* [Input records]
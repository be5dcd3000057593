-- ===== src/NetworkServer/Frames.antt =====
-- A frame on its way through `handlePacket` of src/network/network_server.cpp to the engine.
use zero_latency_yolo.Base.{ℕ, ◌*◌, ◌≡◌, ◌==◌, Bool, if◌then◌else◌, List, [], ◌∷◌, ◌++◌, length}
use zero_latency_yolo.Protocol.{FrameData, invalid_input}
use zero_latency_yolo.Protocol.Fits.{Fits}
use zero_latency_yolo.Udp.Server.{success, failure}
use zero_latency_yolo.Inference.{Notice, EngineConfig, InferenceTask}
use zero_latency_yolo.NetworkServer.{NetworkServer, Handled, done}

-- Whether a frame has three bytes for each pixel.
abbrev pub is_raw : FrameData → Bool
is_raw f = length f.pixels == f.width * f.height * 3

-- The task that a frame of a client is to become.
abbrev pub task_of : EngineConfig → FrameData → ℕ → ℕ → InferenceTask
task_of config f id now = record {
  request = record {
    client_id = id;
    frame_id = f.frame_id;
    timestamp = f.timestamp;
    width = f.width;
    height = f.height;
    pixels = f.pixels;
    is_keyframe = f.keyframe;
  };
  enqueue_time = now;
  priority = if config.use_priority_scheduling then if f.keyframe then 10 else 5 else 0;
}

-- What becomes of a frame: what is logged, and the tasks of the engine.
abbrev pub IsQueued : NetworkServer → FrameData → ℕ → ℕ → Handled → Type 0
IsQueued s f id now h =
    (s' : NetworkServer) × (notices : List Notice) × (h
      ≡ done s' (if is_raw f then success tt else failure invalid_input) [] notices)
    × (s'.engine.tasks ≡ (
        if is_raw f
        then s.engine.tasks ++ task_of s.engine.config f id now ∷ []
        else s.engine.tasks))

* [Task statement] Write out every line of the listing that holds the word "Bool".

* [Task solution]
use zero_latency_yolo.Base.{ℕ, ◌*◌, ◌≡◌, ◌==◌, Bool, if◌then◌else◌, List, [], ◌∷◌, ◌++◌, length}
abbrev pub is_raw : FrameData → Bool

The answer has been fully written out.